Task item: Only the lines from the one that contains "unfolding follow_last last_sha" through the last line of the records should appear, each printed exactly as it is.

START Given entries

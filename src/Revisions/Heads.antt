-- ===== src/Revisions/Heads.antt =====
-- The head windows that CI rows and force pushes give, and the window of the current head.
use queueboard_core.Prelude.{
  ℕ, ◌+◌, Bool, true, false, not, ◌&&◌, Option, none, some, List, [], ◌∷◌, ◌++◌, ltb, leb, ◌==◌,
  if◌then◌else◌, keep, is_empty,
}
use queueboard_core.Prelude.Text.{Text, text_eq, strip, or_empty}
use queueboard_core.Prelude.Sorting.{sorted}
use queueboard_core.Revisions.Windows.{Window}

-- An item of `first_seen`: a head and its earliest CI time.
pub record Head : Type 0 where
  pub sha : Text
  pub ts : ℕ

abbrev pub seen_before : Head → Head → Bool
seen_before a b = leb a.ts b.ts

-- The loop over `enumerate(ordered)`: each head holds from `from_ts` until the next one is seen,
-- the last one until `end`.
unfoldable pub windows_from : Option ℕ → ℕ → Text → List Head → List Window
windows_from end from_ts sha [] = record { from_ts = from_ts; sha = sha; to_ts = end } ∷ []
windows_from end from_ts sha (h ∷ heads) =
    record { from_ts = from_ts; sha = sha; to_ts = some h.ts } ∷ windows_from end h.ts h.sha heads

unfoldable pub windows_of_heads : Option ℕ → ℕ → List Head → List Window
unfolding windows_from
windows_of_heads end start [] = []
windows_of_heads end start (h ∷ heads) = windows_from end start h.sha heads

-- `ordered = [(pre[-1][0], start)] + post`, if some head was seen before `start`.
unfoldable pub clamp_heads : ℕ → List Head → List Head → List Head → List Head
clamp_heads start [] post ordered = ordered
clamp_heads start (h ∷ []) post ordered = record h { ts = start } ∷ post
clamp_heads start (g ∷ h ∷ pre) post ordered = clamp_heads start (h ∷ pre) post ordered

unfoldable pub build_ci_head_windows : ℕ → List Head → List Window
unfolding windows_of_heads clamp_heads
build_ci_head_windows start first_seen =
    let ordered = sorted seen_before first_seen in
    windows_of_heads none start (
      clamp_heads start (keep (λ h. ltb h.ts start) ordered) (keep (λ h. leb start h.ts) ordered)
        ordered)

-- A HEAD_FORCE_PUSHED event.
pub record ForcePush : Type 0 where
  pub occurred_at : ℕ
  pub before_sha : Option Text
  pub after_sha : Option Text

pub record Segment : Type 0 where
  pub seg_start : ℕ
  pub seg_end : Option ℕ
  pub baseline : Text

unfoldable pub segments_after : List ForcePush → List Segment
segments_after [] = []
segments_after (ev ∷ []) =
    record { seg_start = ev.occurred_at; seg_end = none; baseline = or_empty ev.after_sha } ∷ []
segments_after (ev ∷ next ∷ fps) =
    record {
      seg_start = ev.occurred_at;
      seg_end = some next.occurred_at;
      baseline = or_empty ev.after_sha;
    }
    ∷ segments_after (next ∷ fps)

unfoldable pub segments_of : ℕ → List ForcePush → List Segment
unfolding segments_after
segments_of start [] = []
segments_of start (ev ∷ fps) =
    record { seg_start = start; seg_end = some ev.occurred_at; baseline = or_empty ev.before_sha }
    ∷ segments_after (ev ∷ fps)

-- `seg_end is not None and seg_end <= start`
abbrev pub ends_by : ℕ → Segment → Bool
ends_by start s = elim s.seg_end [ none ↦ false | some t ↦ leb t start ]

unfoldable pub clamp_segments : ℕ → List Segment → List Segment
clamp_segments start [] = []
clamp_segments start (s ∷ segments) =
    let rest = clamp_segments start segments in
    if ends_by start s
    then rest
    else record s { seg_start = if ltb s.seg_start start then start else s.seg_start } ∷ rest

-- A CI head of the segment: another one than its baseline, first seen in [seg_start, seg_end).
abbrev pub in_segment : Segment → Head → Bool
in_segment s h =
    not (h.sha == s.baseline)
    && (leb s.seg_start h.ts && elim s.seg_end [ none ↦ true | some t ↦ ltb h.ts t ])

unfoldable pub windows_of_segment : List Head → Segment → List Window
unfolding windows_of_heads
windows_of_segment ci_first_seen s = windows_of_heads s.seg_end s.seg_start (
    sorted seen_before
      (record { sha = s.baseline; ts = s.seg_start } ∷ keep (in_segment s) ci_first_seen))

unfoldable pub windows_of_segments : List Head → List Segment → List Window
unfolding windows_of_segment
windows_of_segments ci_first_seen [] = []
windows_of_segments ci_first_seen (s ∷ segments) =
    windows_of_segment ci_first_seen s ++ windows_of_segments ci_first_seen segments

unfoldable pub build_force_push_head_windows : ℕ → List ForcePush → List Head → List Window
unfolding windows_of_segments clamp_segments segments_of
build_force_push_head_windows start fps ci_first_seen =
    windows_of_segments ci_first_seen (clamp_segments start (segments_of start fps))

abbrev one_second : ℕ
one_second = 1000000

-- `existing_head_from_ts`, if it is after the last window's start, else `gh_updated_at` or `now`.
abbrev pub proposed_ts : ℕ → Option ℕ → ℕ → Option ℕ → ℕ
proposed_ts now gh_updated_at prev none = elim gh_updated_at [ none ↦ now | some t ↦ t ]
proposed_ts now gh_updated_at prev (some existing) =
    if ltb prev existing then existing else elim gh_updated_at [ none ↦ now | some t ↦ t ]

-- With a window to continue, whose start is `prev_from_ts`.
unfoldable pub current_head_change_ts : ℕ → Option ℕ → ℕ → Option ℕ → ℕ
current_head_change_ts now gh_updated_at prev_from_ts existing_head_from_ts =
    let proposed = proposed_ts now gh_updated_at prev_from_ts existing_head_from_ts in
    let ts = if ltb now proposed then now else proposed in
    if leb ts prev_from_ts then prev_from_ts + one_second else ts

-- The list with its last window closed by the change, and the window of the current head after it.
unfoldable pub follow_last : (ℕ → ℕ) → Text → List Window → List Window
follow_last change head [] = []
follow_last change head (w ∷ []) =
    record w { to_ts = some (change w.from_ts) }
    ∷ record { from_ts = change w.from_ts; sha = head; to_ts = none }
    ∷ []
follow_last change head (w ∷ v ∷ ws) = w ∷ follow_last change head (v ∷ ws)

unfoldable pub last_sha : List Window → Option Text
last_sha [] = none
last_sha (w ∷ []) = some w.sha
last_sha (w ∷ v ∷ ws) = last_sha (v ∷ ws)

abbrev pub ends_with : Option Text → Text → Bool
ends_with none head = false
ends_with (some sha) head = sha == head

-- The start of the first stored window of a head. The stored windows are in the order of
-- `from_ts`, `seq` and `id`.
unfoldable pub existing_from_ts : Text → List Window → Option ℕ
existing_from_ts head [] = none
existing_from_ts head (w ∷ stored) =
    let rest = existing_from_ts head stored in if w.sha == head then some w.from_ts else rest

unfoldable pub ensure_current_head_window :
    ℕ → ℕ → Option ℕ → Text → List Window → List Window → List Window
unfolding follow_last last_sha existing_from_ts
ensure_current_head_window now gh_created_at gh_updated_at head_sha stored windows =
    let head = strip head_sha in
    if is_empty head
    then windows
    else if ends_with (last_sha windows) head
    then windows
    else if is_empty windows
    then record { from_ts = gh_created_at; sha = head; to_ts = none } ∷ []
    else follow_last
        (λ prev. current_head_change_ts now gh_updated_at prev (existing_from_ts head stored)) head
        windows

END Given entries

Written solution:
unfolding follow_last last_sha existing_from_ts
ensure_current_head_window now gh_created_at gh_updated_at head_sha stored windows =
    let head = strip head_sha in
    if is_empty head
    then windows
    else if ends_with (last_sha windows) head
    then windows
    else if is_empty windows
    then record { from_ts = gh_created_at; sha = head; to_ts = none } ∷ []
    else follow_last
        (λ prev. current_head_change_ts now gh_updated_at prev (existing_from_ts head stored)) head
        windows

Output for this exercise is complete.